Fwd: Metadata statistics from Yahoo! Search

fyi,

as long as contents are generated on the web, metadata issue is
forever, and our mapping MUST be expanded accordingly.
let's see how we can cope with this new metadata dataset from our
mapping perspective.

any idea or thought ?


Regards, Daniel.


---------- Forwarded message ----------
From: Peter Mika <pmika@yahoo-inc.com>
Date: Wed, Apr 18, 2012 at 12:06 AM
Subject: Metadata statistics from Yahoo!

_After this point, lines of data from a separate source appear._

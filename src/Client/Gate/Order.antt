-- ===== src/Client/Gate/Order.antt =====
-- A subscription misses nothing and keeps the order, however the two threads interleave.
use tarwyn.Base.{
  subst, Bool, true, false, Option, none, some, List, [], ◌∷◌, ◌++◌, ◌≡◌, refl, not, is_some, ◌⊎◌,
  inl, inr, append-nil, append_assoc, ap, sym, ◌∙◌, Bool-cases, arith,
}
use tarwyn.Client.Gate.{
  Delivering, idle, locking, calling, Opening, subscribing, looping, replaying, opened,
  BufferedListener, new_listener, call_snapshot, arrive, deliver_turn, open_turn,
}

module _ {ℓ} {V : Type ℓ} where
  abbrev pub hand : Delivering V → List V
  hand idle = []
  hand (locking v) = v ∷ []
  hand (calling v) = v ∷ []

  abbrev pub batch : Opening V → List V
  batch (replaying vs) = vs
  batch _ = []

  abbrev pub buffer : Option (List V) → List V
  buffer none = []
  buffer (some vs) = vs

  abbrev pub snapshot_calls : Option V → List V
  snapshot_calls none = []
  snapshot_calls (some v) = v ∷ []

  abbrev is_opened : Opening V → Bool
  is_opened opened = true
  is_opened _ = false

  abbrev is_calling : Delivering V → Bool
  is_calling (calling _) = true
  is_calling _ = false

  -- The values that were taken in and not yet passed on.
  abbrev pub held_back : BufferedListener V → List V
  held_back g = batch g.opening ++ (buffer g.pending ++ hand g.delivering)

  -- What threads can make of a listener: the snapshot that was called, the values delivered, and
  -- the state.
  pub data Runs : List V → List V → BufferedListener V → Type ℓ where
    begun : Runs [] [] new_listener
    snapped :
        (o : Option V) {d : List V} {g : BufferedListener V}
        → Runs [] d g
        → g.opening ≡ subscribing
        → Runs (snapshot_calls o) d (call_snapshot o g)
    arrived :
        (v : V) {s d : List V} {g : BufferedListener V}
        → Runs s d g
        → g.delivering ≡ idle
        → Runs s (d ++ (v ∷ [])) (arrive v g)
    delivered : {s d : List V} {g : BufferedListener V} → Runs s d g → Runs s d (deliver_turn g)
    turned : {s d : List V} {g : BufferedListener V} → Runs s d g → Runs s d (open_turn g)

  record Ordered (s d : List V) (g : BufferedListener V) : Type ℓ where
    kept : g.calls ++ held_back g ≡ s ++ d
    buffers : is_some g.pending ≡ not (is_opened g.opening)
    flag : g.open_flag ≡ is_opened g.opening
    direct : is_calling g.delivering ≡ true → is_opened g.opening ≡ true
    quiet : g.opening ≡ subscribing → g.calls ≡ []

  new_listener-Ordered : Ordered [] [] new_listener
  unfolding new_listener
  new_listener-Ordered = record {
    kept = refl;
    buffers = refl;
    flag = refl;
    direct = λ e. absurd cc;
    quiet = λ _. refl;
  }

  abbrev pub listener :
      Option (List V) → Bool → Delivering V → Opening V → List V → BufferedListener V
  listener p o x y c = record { pending = p; open_flag = o; delivering = x; opening = y; calls = c }

  -- One more value goes to the end of those that were taken in.
  append_one :
      (c b q s d : List V) (v : V)
      → c ++ (b ++ (q ++ [])) ≡ s ++ d
      → c ++ (b ++ (q ++ (v ∷ []))) ≡ s ++ (d ++ (v ∷ []))
  append_one c b q s d v e =
      let left : c ++ (b ++ (q ++ (v ∷ []))) ≡ (c ++ (b ++ (q ++ []))) ++ (v ∷ []) =
        simp (append_assoc, append-nil) in
      left ∙ ap (λ t. t ++ (v ∷ [])) e ∙ append_assoc s d (v ∷ [])

  arrive-Ordered :
      (v : V) (s d : List V) (p : Option (List V)) (o : Bool) (x : Delivering V) (y : Opening V)
      (c : List V)
      → Ordered s d (listener p o x y c)
      → x ≡ idle
      → Ordered s (d ++ (v ∷ [])) (arrive v (listener p o x y c))
  unfolding arrive
  arrive-Ordered v s d p true idle y c h e = record {
    kept = append_one c (batch y) (buffer p) s d v h.kept;
    buffers = h.buffers;
    flag = h.flag;
    direct = λ _. sym h.flag;
    quiet = h.quiet;
  }
  arrive-Ordered v s d p false idle y c h e = record {
    kept = append_one c (batch y) (buffer p) s d v h.kept;
    buffers = h.buffers;
    flag = h.flag;
    direct = λ f. absurd cc;
    quiet = h.quiet;
  }
  arrive-Ordered v s d p o (locking w) y c h e = absurd cc
  arrive-Ordered v s d p o (calling w) y c h e = absurd cc

  deliver_turn-Ordered :
      (s d : List V) (p : Option (List V)) (o : Bool) (x : Delivering V) (y : Opening V)
      (c : List V)
      → Ordered s d (listener p o x y c)
      → Ordered s d (deliver_turn (listener p o x y c))
  unfolding deliver_turn
  deliver_turn-Ordered s d p o idle y c h = h
  deliver_turn-Ordered s d (some q) o (locking v) y c h = record {
    kept = ap (λ t. c ++ (batch y ++ t)) (append-nil (q ++ (v ∷ []))) ∙ h.kept;
    buffers = h.buffers;
    flag = h.flag;
    direct = λ f. absurd cc;
    quiet = h.quiet;
  }
  deliver_turn-Ordered s d none o (locking v) y c h = record {
    kept = h.kept;
    buffers = h.buffers;
    flag = h.flag;
    direct = λ f. ground (arith, h.buffers, Bool-cases (is_opened y));
    quiet = h.quiet;
  }
  deliver_turn-Ordered s d none o (calling v) opened c h = record {
    kept = append-nil (c ++ (v ∷ [])) ∙ h.kept;
    buffers = h.buffers;
    flag = h.flag;
    direct = λ f. absurd cc;
    quiet = λ f. absurd cc;
  }
  deliver_turn-Ordered s d (some q) o (calling v) opened c h = absurd (cc h.buffers)
  deliver_turn-Ordered s d p o (calling v) subscribing c h = absurd (cc (h.direct refl))
  deliver_turn-Ordered s d p o (calling v) looping c h = absurd (cc (h.direct refl))
  deliver_turn-Ordered s d p o (calling v) (replaying vs) c h = absurd (cc (h.direct refl))

  open_turn-Ordered :
      (s d : List V) (p : Option (List V)) (o : Bool) (x : Delivering V) (y : Opening V)
      (c : List V)
      → Ordered s d (listener p o x y c)
      → Ordered s d (open_turn (listener p o x y c))
  unfolding open_turn
  open_turn-Ordered s d p o x subscribing c h = h
  open_turn-Ordered s d none o x looping c h = absurd (cc h.buffers)
  open_turn-Ordered s d (some []) o x looping c h = record {
    kept = h.kept;
    buffers = refl;
    flag = refl;
    direct = λ f. refl;
    quiet = λ f. absurd cc;
  }
  open_turn-Ordered s d (some (v ∷ vs)) o x looping c h = record {
    kept = h.kept;
    buffers = refl;
    flag = h.flag;
    direct = h.direct;
    quiet = λ f. absurd cc;
  }
  open_turn-Ordered s d p o x (replaying []) c h = record {
    kept = h.kept;
    buffers = h.buffers;
    flag = h.flag;
    direct = h.direct;
    quiet = λ f. absurd cc;
  }
  open_turn-Ordered s d p o x (replaying (v ∷ vs)) c h = record {
    kept = append_assoc c (v ∷ []) (vs ++ (buffer p ++ hand x)) ∙ h.kept;
    buffers = h.buffers;
    flag = h.flag;
    direct = h.direct;
    quiet = λ f. absurd cc;
  }
  open_turn-Ordered s d p o x opened c h = h

  -- Before `open` nothing but the snapshot is called.
  call_snapshot-Ordered :
      (t : Option V) (d : List V) (p : Option (List V)) (o : Bool) (x : Delivering V)
      (y : Opening V) (c : List V)
      → Ordered [] d (listener p o x y c)
      → y ≡ subscribing
      → Ordered (snapshot_calls t) d (call_snapshot t (listener p o x y c))
  unfolding call_snapshot
  call_snapshot-Ordered none d p o x subscribing c h f = record {
    kept = h.kept;
    buffers = h.buffers;
    flag = h.flag;
    direct = h.direct;
    quiet = λ e. absurd cc;
  }
  call_snapshot-Ordered (some v) d p o x subscribing c h f =
      let rest = buffer p ++ hand x in
      record {
        kept =
            ap (λ t. (t ++ (v ∷ [])) ++ rest) (h.quiet refl)
            ∙ ap (◌∷◌ v) (ap (λ t. t ++ rest) (sym (h.quiet refl)) ∙ h.kept);
        buffers = h.buffers;
        flag = h.flag;
        direct = h.direct;
        quiet = λ e. absurd cc;
      }
  call_snapshot-Ordered t d p o x looping c h f = absurd cc
  call_snapshot-Ordered t d p o x (replaying vs) c h f = absurd cc
  call_snapshot-Ordered t d p o x opened c h f = absurd cc

  Runs-Ordered : {s d : List V} {g : BufferedListener V} → Runs s d g → Ordered s d g
  Runs-Ordered begun = new_listener-Ordered
  Runs-Ordered (snapped o {d = d} {g = g} r e) =
      call_snapshot-Ordered o d g.pending g.open_flag g.delivering g.opening g.calls
        (Runs-Ordered r) e
  Runs-Ordered (arrived v {s = s} {d = d} {g = g} r e) =
      arrive-Ordered v s d g.pending g.open_flag g.delivering g.opening g.calls (Runs-Ordered r) e
  Runs-Ordered (delivered {s = s} {d = d} {g = g} r) =
      deliver_turn-Ordered s d g.pending g.open_flag g.delivering g.opening g.calls (Runs-Ordered r)
  Runs-Ordered (turned {s = s} {d = d} {g = g} r) =
      open_turn-Ordered s d g.pending g.open_flag g.delivering g.opening g.calls (Runs-Ordered r)

  open_calls :
      (s d : List V) (p : Option (List V)) (x : Delivering V) (y : Opening V) (c : List V)
      → Ordered s d (listener p true x y c)
      → c ++ hand x ≡ s ++ d
  open_calls s d none x opened c h = h.kept
  open_calls s d (some q) x opened c h = absurd (cc h.buffers)
  open_calls s d p x subscribing c h = absurd (cc h.flag)
  open_calls s d p x looping c h = absurd (cc h.flag)
  open_calls s d p x (replaying vs) c h = absurd (cc h.flag)

  -- However the subscribing thread and the reader thread interleave: the values the callback was
  -- called with and those still held back are together the snapshot and then all that was delivered,
  -- in order; and once the listener is open, only a value that the reader has in hand is yet to come.
  pub calls-Runs :
      (s d : List V) (g : BufferedListener V)
      → Runs s d g
      → (g.calls ++ held_back g ≡ s ++ d)
        × ((g.open_flag ≡ false) ⊎ (g.calls ++ hand g.delivering ≡ s ++ d))
  calls-Runs s d g r =
      let h = Runs-Ordered r in
      (
        h.kept,
        elim (Bool-cases g.open_flag) [
          | inl e ↦ inr (
              open_calls s d g.pending g.delivering g.opening g.calls (
                subst (λ o. Ordered s d (listener g.pending o g.delivering g.opening g.calls)) e h))
          | inr e ↦ inl e
        ],
      )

Search
To: "public-vocabs@w3.org" <public-vocabs@w3.org>, "public-lod@w3.org"
<public-lod@w3.org>


Hi All,

To add one more data point to the previous discussion about
webdatacommons.org, we have recently presented a short position paper
at the LDOW 2012 workshop at WWW 2012. Online at

http://events.linkeddata.org/ldow2012/papers/ldow2012-inv-paper-1.pdf

Please compare this carefully with the results of Bizer et al.:

http://events.linkeddata.org/ldow2012/papers/ldow2012-inv-paper-2.pdf

As it always the case with statistics, it matters what you count on
and how you count ;) For example, Chris and his co-authors did not
consider most of OGP data on the Web, which results in large
discrepancies in the counts for RDFa, as well as overall counts.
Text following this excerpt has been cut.